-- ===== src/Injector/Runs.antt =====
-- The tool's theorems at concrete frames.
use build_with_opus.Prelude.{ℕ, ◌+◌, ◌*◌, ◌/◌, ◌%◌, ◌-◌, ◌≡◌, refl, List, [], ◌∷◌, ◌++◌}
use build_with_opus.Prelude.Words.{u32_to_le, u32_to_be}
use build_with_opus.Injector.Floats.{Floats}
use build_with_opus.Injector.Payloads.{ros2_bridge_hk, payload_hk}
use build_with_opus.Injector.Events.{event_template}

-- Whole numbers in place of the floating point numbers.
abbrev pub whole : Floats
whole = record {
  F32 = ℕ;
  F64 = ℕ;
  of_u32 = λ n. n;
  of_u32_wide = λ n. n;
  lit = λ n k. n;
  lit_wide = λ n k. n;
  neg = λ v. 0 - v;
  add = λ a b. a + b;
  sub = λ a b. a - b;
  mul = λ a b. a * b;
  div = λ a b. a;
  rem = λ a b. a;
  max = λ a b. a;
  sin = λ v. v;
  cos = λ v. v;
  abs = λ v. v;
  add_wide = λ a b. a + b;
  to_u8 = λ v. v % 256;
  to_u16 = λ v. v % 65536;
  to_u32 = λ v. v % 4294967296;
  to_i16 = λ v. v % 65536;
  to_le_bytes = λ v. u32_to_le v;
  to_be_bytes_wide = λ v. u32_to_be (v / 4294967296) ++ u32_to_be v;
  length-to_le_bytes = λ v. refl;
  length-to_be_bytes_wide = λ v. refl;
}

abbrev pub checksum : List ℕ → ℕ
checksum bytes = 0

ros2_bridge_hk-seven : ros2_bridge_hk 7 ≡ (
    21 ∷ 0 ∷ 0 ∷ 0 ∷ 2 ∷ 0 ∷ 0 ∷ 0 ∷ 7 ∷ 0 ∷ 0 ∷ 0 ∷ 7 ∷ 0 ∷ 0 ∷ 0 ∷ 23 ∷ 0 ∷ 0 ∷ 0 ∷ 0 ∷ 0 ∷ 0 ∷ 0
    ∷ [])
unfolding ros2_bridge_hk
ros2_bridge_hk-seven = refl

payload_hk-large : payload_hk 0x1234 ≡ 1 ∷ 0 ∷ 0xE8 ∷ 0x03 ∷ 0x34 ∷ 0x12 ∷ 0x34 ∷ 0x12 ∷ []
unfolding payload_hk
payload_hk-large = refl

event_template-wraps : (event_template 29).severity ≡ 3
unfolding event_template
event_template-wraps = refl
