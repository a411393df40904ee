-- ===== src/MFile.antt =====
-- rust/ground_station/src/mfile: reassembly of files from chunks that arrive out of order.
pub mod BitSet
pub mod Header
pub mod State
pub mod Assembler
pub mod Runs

---

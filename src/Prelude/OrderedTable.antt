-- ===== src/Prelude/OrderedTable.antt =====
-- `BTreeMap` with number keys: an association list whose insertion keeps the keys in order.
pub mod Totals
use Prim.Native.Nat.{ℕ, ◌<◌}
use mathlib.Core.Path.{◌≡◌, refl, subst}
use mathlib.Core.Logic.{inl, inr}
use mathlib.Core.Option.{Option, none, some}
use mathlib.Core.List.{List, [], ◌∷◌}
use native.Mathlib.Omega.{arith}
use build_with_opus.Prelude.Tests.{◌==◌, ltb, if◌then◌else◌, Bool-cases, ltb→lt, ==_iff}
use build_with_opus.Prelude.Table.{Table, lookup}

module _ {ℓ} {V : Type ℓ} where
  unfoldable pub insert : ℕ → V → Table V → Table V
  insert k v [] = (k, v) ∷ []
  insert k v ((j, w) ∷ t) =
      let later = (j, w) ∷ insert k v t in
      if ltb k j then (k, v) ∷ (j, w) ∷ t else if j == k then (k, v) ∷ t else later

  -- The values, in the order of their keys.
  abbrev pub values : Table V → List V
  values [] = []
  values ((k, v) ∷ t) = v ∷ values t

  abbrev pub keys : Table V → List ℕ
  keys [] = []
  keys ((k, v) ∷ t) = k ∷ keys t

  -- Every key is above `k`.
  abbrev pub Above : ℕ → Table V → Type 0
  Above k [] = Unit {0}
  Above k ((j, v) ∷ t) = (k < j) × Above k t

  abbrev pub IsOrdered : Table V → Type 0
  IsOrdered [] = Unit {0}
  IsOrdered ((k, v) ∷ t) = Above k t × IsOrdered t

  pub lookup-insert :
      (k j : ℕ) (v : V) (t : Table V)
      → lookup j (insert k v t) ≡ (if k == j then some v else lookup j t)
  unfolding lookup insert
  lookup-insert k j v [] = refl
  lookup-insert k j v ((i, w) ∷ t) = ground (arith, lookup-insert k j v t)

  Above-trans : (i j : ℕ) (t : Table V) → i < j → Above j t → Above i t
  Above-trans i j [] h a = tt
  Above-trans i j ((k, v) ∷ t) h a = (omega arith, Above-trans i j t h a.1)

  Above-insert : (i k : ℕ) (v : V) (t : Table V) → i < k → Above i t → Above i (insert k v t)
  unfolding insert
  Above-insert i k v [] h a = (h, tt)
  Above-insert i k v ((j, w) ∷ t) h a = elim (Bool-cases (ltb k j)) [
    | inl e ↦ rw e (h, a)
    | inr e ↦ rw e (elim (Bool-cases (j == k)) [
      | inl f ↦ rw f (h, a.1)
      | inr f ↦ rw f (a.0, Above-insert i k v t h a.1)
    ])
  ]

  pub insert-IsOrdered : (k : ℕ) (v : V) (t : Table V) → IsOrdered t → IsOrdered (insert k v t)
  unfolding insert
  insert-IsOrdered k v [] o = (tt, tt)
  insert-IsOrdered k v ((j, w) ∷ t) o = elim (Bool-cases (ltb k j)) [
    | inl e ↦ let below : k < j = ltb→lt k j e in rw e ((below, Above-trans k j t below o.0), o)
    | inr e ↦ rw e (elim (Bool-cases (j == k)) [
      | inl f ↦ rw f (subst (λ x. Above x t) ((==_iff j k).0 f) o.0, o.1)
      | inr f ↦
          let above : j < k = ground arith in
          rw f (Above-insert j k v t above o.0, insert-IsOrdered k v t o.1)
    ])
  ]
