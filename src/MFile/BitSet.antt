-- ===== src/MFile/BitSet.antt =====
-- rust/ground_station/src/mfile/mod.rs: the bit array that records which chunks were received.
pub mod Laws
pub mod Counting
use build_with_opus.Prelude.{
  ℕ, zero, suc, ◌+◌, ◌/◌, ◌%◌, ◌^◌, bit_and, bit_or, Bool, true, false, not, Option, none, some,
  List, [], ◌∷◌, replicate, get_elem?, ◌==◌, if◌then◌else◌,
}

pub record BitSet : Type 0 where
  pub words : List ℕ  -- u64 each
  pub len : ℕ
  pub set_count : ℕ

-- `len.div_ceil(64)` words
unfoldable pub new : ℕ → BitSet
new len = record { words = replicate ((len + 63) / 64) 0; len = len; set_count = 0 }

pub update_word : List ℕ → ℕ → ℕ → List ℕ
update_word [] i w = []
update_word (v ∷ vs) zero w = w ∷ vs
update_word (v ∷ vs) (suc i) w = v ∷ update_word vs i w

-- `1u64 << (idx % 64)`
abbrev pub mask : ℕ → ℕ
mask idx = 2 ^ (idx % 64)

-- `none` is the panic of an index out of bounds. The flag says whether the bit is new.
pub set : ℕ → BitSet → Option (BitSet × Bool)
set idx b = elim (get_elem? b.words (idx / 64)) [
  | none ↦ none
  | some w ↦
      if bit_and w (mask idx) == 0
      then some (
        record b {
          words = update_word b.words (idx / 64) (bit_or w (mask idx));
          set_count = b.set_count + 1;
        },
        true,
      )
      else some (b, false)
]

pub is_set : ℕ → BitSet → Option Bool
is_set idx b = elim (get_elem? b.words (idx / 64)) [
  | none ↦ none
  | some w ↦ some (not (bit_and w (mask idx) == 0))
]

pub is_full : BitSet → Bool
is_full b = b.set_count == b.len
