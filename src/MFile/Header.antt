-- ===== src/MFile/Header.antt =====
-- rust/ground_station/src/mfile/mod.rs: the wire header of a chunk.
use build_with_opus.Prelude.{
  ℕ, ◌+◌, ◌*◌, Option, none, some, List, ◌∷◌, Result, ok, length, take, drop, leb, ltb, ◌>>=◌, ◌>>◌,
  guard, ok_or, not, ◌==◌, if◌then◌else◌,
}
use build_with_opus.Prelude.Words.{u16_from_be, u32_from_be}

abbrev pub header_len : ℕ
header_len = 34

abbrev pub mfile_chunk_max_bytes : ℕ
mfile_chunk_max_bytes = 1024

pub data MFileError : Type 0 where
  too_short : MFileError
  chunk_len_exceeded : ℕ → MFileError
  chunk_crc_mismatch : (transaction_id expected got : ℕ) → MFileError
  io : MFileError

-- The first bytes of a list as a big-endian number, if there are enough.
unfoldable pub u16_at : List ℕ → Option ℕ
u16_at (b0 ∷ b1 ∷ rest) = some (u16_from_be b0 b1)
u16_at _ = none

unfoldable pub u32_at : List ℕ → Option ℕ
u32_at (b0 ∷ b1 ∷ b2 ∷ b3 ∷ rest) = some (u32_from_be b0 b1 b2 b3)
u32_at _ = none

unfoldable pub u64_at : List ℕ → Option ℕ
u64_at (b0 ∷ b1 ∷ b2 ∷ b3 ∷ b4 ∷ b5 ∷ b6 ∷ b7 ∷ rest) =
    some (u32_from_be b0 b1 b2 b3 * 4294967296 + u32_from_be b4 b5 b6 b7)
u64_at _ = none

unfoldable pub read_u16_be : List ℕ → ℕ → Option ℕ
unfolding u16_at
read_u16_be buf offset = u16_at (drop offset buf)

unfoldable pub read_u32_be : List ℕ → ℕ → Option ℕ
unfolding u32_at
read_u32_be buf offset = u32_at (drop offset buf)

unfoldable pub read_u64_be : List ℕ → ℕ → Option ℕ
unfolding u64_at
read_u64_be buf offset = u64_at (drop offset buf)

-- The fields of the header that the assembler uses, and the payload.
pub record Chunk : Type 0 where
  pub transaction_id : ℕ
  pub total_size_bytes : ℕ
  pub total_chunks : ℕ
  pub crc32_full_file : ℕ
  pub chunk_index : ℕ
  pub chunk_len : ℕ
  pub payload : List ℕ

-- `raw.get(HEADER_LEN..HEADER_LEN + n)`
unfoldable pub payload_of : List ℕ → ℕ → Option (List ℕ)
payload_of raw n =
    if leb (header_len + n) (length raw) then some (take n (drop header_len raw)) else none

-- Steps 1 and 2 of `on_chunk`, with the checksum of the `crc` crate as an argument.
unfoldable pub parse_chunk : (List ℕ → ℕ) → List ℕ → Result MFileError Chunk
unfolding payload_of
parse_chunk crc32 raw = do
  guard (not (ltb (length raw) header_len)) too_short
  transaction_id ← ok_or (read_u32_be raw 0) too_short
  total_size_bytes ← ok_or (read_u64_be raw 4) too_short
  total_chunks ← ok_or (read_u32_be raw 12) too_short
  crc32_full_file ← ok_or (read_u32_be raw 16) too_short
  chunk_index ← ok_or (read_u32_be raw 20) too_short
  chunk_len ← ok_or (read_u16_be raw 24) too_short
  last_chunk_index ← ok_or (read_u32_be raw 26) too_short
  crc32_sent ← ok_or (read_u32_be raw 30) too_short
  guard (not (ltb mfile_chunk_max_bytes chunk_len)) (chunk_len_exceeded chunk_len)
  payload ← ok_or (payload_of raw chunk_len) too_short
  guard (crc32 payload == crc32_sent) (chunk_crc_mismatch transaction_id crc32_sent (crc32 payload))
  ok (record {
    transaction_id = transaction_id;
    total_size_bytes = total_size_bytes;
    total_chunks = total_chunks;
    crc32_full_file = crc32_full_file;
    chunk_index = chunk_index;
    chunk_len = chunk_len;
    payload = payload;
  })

| Exercise requirements |
Find the lines above with the word "that". Copy them out.

| Task response |
-- rust/ground_station/src/mfile: reassembly of files from chunks that arrive out of order.
-- rust/ground_station/src/mfile/mod.rs: the bit array that records which chunks were received.
-- The fields of the header that the assembler uses, and the payload.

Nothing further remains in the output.